### What to do
Line filter on the word "computed": copy each matching line from the entries.

Stored records:
^^^^^^^^

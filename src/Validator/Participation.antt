-- ===== src/Validator/Participation.antt =====
-- crates/validator/src/consensus/group.rs: the group of a participant set and the proofs that a participant is one of
-- it. The outer option is `none` where the source panics at its `expect`.
use shield_net.Prelude.{
  be_bytes, ℕ, suc, ◌+◌, ◌*◌, ◌/◌, ◌^◌, ◌<◌, ◌≡◌, refl, sym, ap, subst, ◌∙◌, true, Bool-cases, inl,
  inr, Option, none, some, List, [], ◌∷◌, ◌++◌, arith, ltb, ◌==◌, if◌then◌else◌, get, remove,
  contains_key, length, Above, IsSorted, contains_key-cons, contains_key_of_Above, insert-IsSorted,
  remove-IsSorted,
}
use shield_net.Validator.Types.{B256, Address, Bytes, Set, Group}
use shield_net.Validator.Merkle.{build, root, proof, fold_proof, get_or_zero}
use shield_net.Validator.Merkle.Proofs.{fold_proof-build}
use shield_net.Validator.Groups.{
  GroupEpoch, is_active, active_addresses, excluded_from, remove_all, to_u16, group_threshold,
  participants_set,
}
use shield_net.Validator.Types.{Participant, ParticipantSet}
use shield_net.Validator.Groups.Members.{participants_set-some}

-- `iter()` on a set
unfoldable pub keys : Set → List Address
keys [] = []
keys ((a, u) ∷ rest) = a ∷ keys rest

-- `range(..address).count()`
unfoldable pub count_below : Set → Address → ℕ
count_below [] address = 0
count_below ((a, u) ∷ rest) address = (if ltb a address then 1 else 0) + count_below rest address

module _ (keccak256 : Bytes → B256) where
  -- Two bytes in the last places of a word are the word of the number.
  unfoldable pub group_id : B256 → ℕ → ℕ → B256 → B256
  group_id participants count threshold context =
      keccak256 (
        be_bytes 32 participants
        ++ be_bytes 32 count
        ++ be_bytes 32 threshold
        ++ be_bytes 32 context)
      / 2 ^ 64
      * 2 ^ 64

  unfoldable pub group_and_participants_tree : ParticipantSet → Option (Group × List (List B256))
  unfolding to_u16
  group_and_participants_tree set =
      let tree = build keccak256 (keys set.addresses) in
      elim (to_u16 (length set.addresses)) [
        | none ↦ none
        | some count ↦ some (
          record {
            id = group_id (root tree) count (group_threshold count) set.context;
            root = root tree;
            participants = set.addresses;
            excluded = set.excluded;
            count = count;
            threshold = group_threshold count;
            context = set.context;
          },
          tree,
        )
      ]

  unfoldable pub participate_as : ParticipantSet → Address → Option (Option (Group × List B256))
  unfolding group_and_participants_tree
  participate_as set address =
      if contains_key set.addresses address
      then (elim (group_and_participants_tree set) [
        | none ↦ none
        | some (group, tree) ↦ some (some (group, proof tree (count_below set.addresses address)))
      ])
      else some none

length-keys : (s : Set) → length (keys s) ≡ length s
unfolding keys
length-keys [] = refl
length-keys (e ∷ rest) = ap suc (length-keys rest)

count_below_of_Above : (s : Set) (a : Address) → Above a s → count_below s a ≡ 0
unfolding count_below
count_below_of_Above [] a h = refl
count_below_of_Above ((k, u) ∷ rest) a h = ground (arith, count_below_of_Above rest a h.1)

member_index :
    (s : Set) (a : Address)
    → IsSorted s
    → contains_key s a ≡ true
    → (count_below s a < length s) × (get_or_zero (keys s) (count_below s a) ≡ a)
unfolding count_below keys get_or_zero contains_key get
member_index [] a o h = absurd (ground (arith, h))
member_index ((k, u) ∷ rest) a o h =
    let at = contains_key-cons rest k a u in
    elim (Bool-cases (k == a)) [
      | inl q ↦
          let e : k ≡ a = ground (arith, q) in
          let none_below : count_below rest k ≡ 0 = count_below_of_Above rest k o.0 in
          (ground (arith, e, none_below), ground (arith, e, none_below))
      | inr q ↦
          let inside : contains_key rest a ≡ true = ground (arith, h, at, q) in
          let (b, g) = member_index rest a o.1 inside in
          let below : ltb k a ≡ true = elim (Bool-cases (ltb k a)) [
            | inl l ↦ l
            | inr l ↦
                absurd
                  (ground (arith, inside, contains_key_of_Above rest k a (ground (arith, l)) o.0))
          ] in
          (ground (arith, b, below), ground (arith, g, below))
    ]

pub active_addresses-IsSorted :
    (e : GroupEpoch) (ps : List Participant) → IsSorted (active_addresses e ps)
unfolding active_addresses
active_addresses-IsSorted e [] = tt
active_addresses-IsSorted e (p ∷ rest) = elim (Bool-cases (is_active e p)) [
  | inl q ↦
      rw q
        (insert-IsSorted (active_addresses e rest) p.address tt (active_addresses-IsSorted e rest))
  | inr q ↦ rw q (active_addresses-IsSorted e rest)
]

pub remove_all-IsSorted : (a b : Set) → IsSorted a → IsSorted (remove_all a b)
unfolding remove_all
remove_all-IsSorted a [] o = o
remove_all-IsSorted a ((k, u) ∷ rest) o =
    remove_all-IsSorted (remove a k) rest (remove-IsSorted a k o)

-- Every member of a valid participant set takes part with a proof, without a panic. The group that it
-- derives has all the members and their number, with the threshold for that number; and hashing the
-- member's address with the siblings of its proof gives the group's root.
pub participate_as-participants_set :
    (keccak256 : Bytes → B256) (participants : List Participant) (epoch : GroupEpoch)
    (set : ParticipantSet) (address : Address)
    → participants_set keccak256 participants epoch ≡ some set
    → contains_key set.addresses address ≡ true
    → (group : Group) × (poap : List B256) × (participate_as keccak256 set address
        ≡ some (some (group, poap)))
      × (fold_proof keccak256 address poap ≡ group.root)
      × (group.participants ≡ set.addresses)
      × (group.count ≡ length set.addresses)
      × (group.threshold ≡ group_threshold group.count)
unfolding participate_as group_and_participants_tree to_u16
participate_as-participants_set keccak256 participants epoch set address h m =
    let (e, _, fits, _) = participants_set-some keccak256 participants epoch set h in
    let sorted : IsSorted set.addresses = subst IsSorted e (
      remove_all-IsSorted (active_addresses epoch participants) (excluded_from epoch)
        (active_addresses-IsSorted epoch participants)) in
    let (b, g) = member_index set.addresses address sorted m in
    let tree = build keccak256 (keys set.addresses) in
    let index = count_below set.addresses address in
    let small : ltb (length set.addresses) 65536 ≡ true = ground (arith, fits) in
    (
      record {
        id =
            group_id keccak256 (root tree) (length set.addresses)
              (group_threshold (length set.addresses)) set.context;
        root = root tree;
        participants = set.addresses;
        excluded = set.excluded;
        count = length set.addresses;
        threshold = group_threshold (length set.addresses);
        context = set.context;
      },
      proof tree index,
      rw (m, small) refl,
      ap (λ x. fold_proof keccak256 x (proof tree index)) (sym g)
          ∙ fold_proof-build keccak256 (keys set.addresses) index
              (omega (arith, b, length-keys set.addresses)),
      refl,
      refl,
      refl,
    )
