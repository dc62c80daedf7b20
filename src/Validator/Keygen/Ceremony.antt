-- ===== src/Validator/Keygen/Ceremony.antt =====
-- crates/validator/src/state/keygen.rs: how a key generation starts, starts again, and closes its rounds.
use shield_net.Prelude.{ℕ, Option, none, some, List, [], ◌∷◌, Map, insert, saturating_mul}
use shield_net.Validator.Epoch.{EpochId, genesis, number, raw_value}
use shield_net.Validator.Types.{
  B256, KeyShare, Opaque, Set, Group, NonceState, KeyGenCommitment, KeyGenParticipation,
  KeyGenConfirmation, ConfirmationDeadlines, RolloverState, State, Callback, Action, Effect,
  Command, action, effect, ParticipantSet, Transition,
}
use shield_net.Validator.Nonces.{reserve_chunk}
use shield_net.Validator.Groups.{participants_set, GroupEpoch}
use shield_net.Validator.Participation.{participate_as, group_and_participants_tree}

abbrev pub next_epoch : RolloverState → Option EpochId
next_epoch RolloverState.waiting_for_genesis = some genesis
next_epoch RolloverState.halted = none
next_epoch (RolloverState.epoch_staged n) = some (number n)
next_epoch (RolloverState.epoch_skipped n) = some (number n)
next_epoch (RolloverState.collecting_commitments e _ _ _ _) = some e
next_epoch (RolloverState.collecting_shares e _ _ _ _ _ _) = some e
next_epoch (RolloverState.collecting_confirmations e _ _ _ _ _ _) = some e
next_epoch (RolloverState.signing_rollover n _ _ _) = some (number n)

-- `KeyGenParticipation::group_commitments`
abbrev pub commitments_of : Transition → KeyGenParticipation → Opaque
commitments_of t (KeyGenParticipation.participating sharing_state) =
    t.frost.sharing_commitments sharing_state
commitments_of t (KeyGenParticipation.observing group_commitments) = group_commitments

abbrev pub key_share_of : KeyGenConfirmation → Option KeyShare
key_share_of (KeyGenConfirmation.confirmed key_share) = some key_share
key_share_of _ = none

abbrev pub rollover_failure : EpochId → RolloverState
rollover_failure genesis = RolloverState.halted
rollover_failure (number n) = RolloverState.epoch_skipped n

abbrev pub fail_rollover : State → EpochId → State × List Command
fail_rollover s epoch = (record s { rollover = rollover_failure epoch }, [])

-- As an observer, once the group is computed.
abbrev pub observe_key_gen :
    State → EpochId → Option ℕ → Option (Group × List (List B256)) → State × List Command
observe_key_gen s epoch deadline none = (s, [])
observe_key_gen s epoch deadline (some (group, tree)) = (
  record s {
    rollover =
        RolloverState.collecting_commitments epoch group KeyGenCommitment.observing [] deadline;
  },
  [],
)

-- As a participant, once the proof is computed. A panic leaves the state as it was; it is unreachable for the
-- sets that `participants_set` returns.
unfoldable pub join_key_gen :
    Transition
    → State
    → EpochId
    → ParticipantSet
    → Option ℕ
    → Option (Option (Group × List B256))
    → State × List Command
join_key_gen t s epoch participants deadline none = (s, [])
join_key_gen t s epoch participants deadline (some none) =
    observe_key_gen s epoch deadline (group_and_participants_tree t.keccak256 participants)
join_key_gen t s epoch participants deadline (some (some (group, poap))) = (
  record s {
    rollover =
        RolloverState.collecting_commitments epoch group (KeyGenCommitment.participating poap none)
          [] deadline;
  },
  effect (Effect.key_gen_setup group.id group.count group.threshold) ∷ [],
)

unfoldable pub start_key_gen :
    Transition → State → EpochId → ParticipantSet → Option ℕ → State × List Command
unfolding join_key_gen
start_key_gen t s epoch participants deadline =
    join_key_gen t s epoch participants deadline (participate_as t.keccak256 participants t.account)

-- The participant set for a restart; genesis has none.
unfoldable pub remaining : Transition → EpochId → Set → Option ParticipantSet
remaining t genesis excluded = none
remaining t (number n) excluded =
    participants_set t.keccak256 t.participants (GroupEpoch.number t.consensus n excluded)

unfoldable pub restart_with :
    Transition → State → EpochId → Option ℕ → Option ParticipantSet → State × List Command
unfolding start_key_gen
restart_with t s epoch deadline none = fail_rollover s epoch
restart_with t s epoch deadline (some participants) = start_key_gen t s epoch participants deadline

unfoldable pub restart_key_gen_excluding :
    Transition → State → EpochId → Set → Option ℕ → State × List Command
unfolding remaining restart_with
restart_key_gen_excluding t s epoch excluded deadline =
    restart_with t s epoch deadline (remaining t epoch excluded)

-- The secret-share round that follows the commitments.
abbrev pub share_round : EpochId → Group → Option ℕ → KeyGenParticipation → RolloverState
share_round epoch group deadline participation =
    RolloverState.collecting_shares epoch group participation [] [] [] deadline

unfoldable pub finalize_key_gen_commitments :
    Transition
    → EpochId
    → Group
    → Option Opaque
    → Map Opaque
    → Option ℕ
    → RolloverState × List Command
finalize_key_gen_commitments t epoch group (some secrets) commitments deadline =
    elim (t.frost.generate_secret_shares secrets commitments) [
      | none ↦ (rollover_failure epoch, [])
      | some (sharing_state, share) ↦ (
        share_round epoch group deadline (KeyGenParticipation.participating sharing_state),
        action (Action.key_gen_secret_share group.id share deadline) ∷ [],
      )
    ]
finalize_key_gen_commitments t epoch group none commitments deadline =
    elim (t.frost.group_commitments commitments) [
      | none ↦ (rollover_failure epoch, [])
      | some group_commitments ↦
          (share_round epoch group deadline (KeyGenParticipation.observing group_commitments), [])
    ]

-- `NonceState::default()`
abbrev pub no_nonces : NonceState
no_nonces = record { next_sequence = 0; chunks = [] }

unfoldable pub finalize_key_gen : State → EpochId → Group → Option KeyShare → State × List Command
unfolding reserve_chunk
finalize_key_gen s epoch group none = (s, [])
finalize_key_gen s epoch group (some key_share) = (
  record s {
    epochs =
        insert s.epochs (raw_value epoch)
          (record { group = group; key_share = key_share; nonces = (reserve_chunk no_nonces).0 });
  },
  effect (Effect.nonce_tree group.id) ∷ [],
)

unfoldable pub key_gen_confirmation_callback : Transition → EpochId → Option Callback
unfolding saturating_mul
key_gen_confirmation_callback t genesis = none
key_gen_confirmation_callback t (number n) = some (record {
  target = t.consensus;
  context = t.abi_propose_epoch n (saturating_mul n t.blocks_per_epoch);
})

abbrev pub confirm_of : Option ConfirmationDeadlines → Option ℕ
confirm_of none = none
confirm_of (some deadlines) = some deadlines.confirm

unfoldable pub confirm_key_gen :
    Transition
    → EpochId
    → Group
    → Opaque
    → Map Opaque
    → Option ConfirmationDeadlines
    → Option (KeyGenConfirmation × List Command)
unfolding key_gen_confirmation_callback
confirm_key_gen t epoch group sharing_state shares deadlines =
    elim (t.frost.finalize sharing_state shares) [
      | none ↦ none
      | some key_share ↦ some (
        KeyGenConfirmation.confirmed key_share,
        action (
              Action.key_gen_confirm group.id (key_gen_confirmation_callback t epoch)
                (confirm_of deadlines))
            ∷ effect (Effect.start_nonce_generation group.id key_share)
            ∷ [],
      )
    ]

^^^^^^^^

### Task result
-- As an observer, once the group is computed.
-- As a participant, once the proof is computed. A panic leaves the state as it was; it is unreachable for the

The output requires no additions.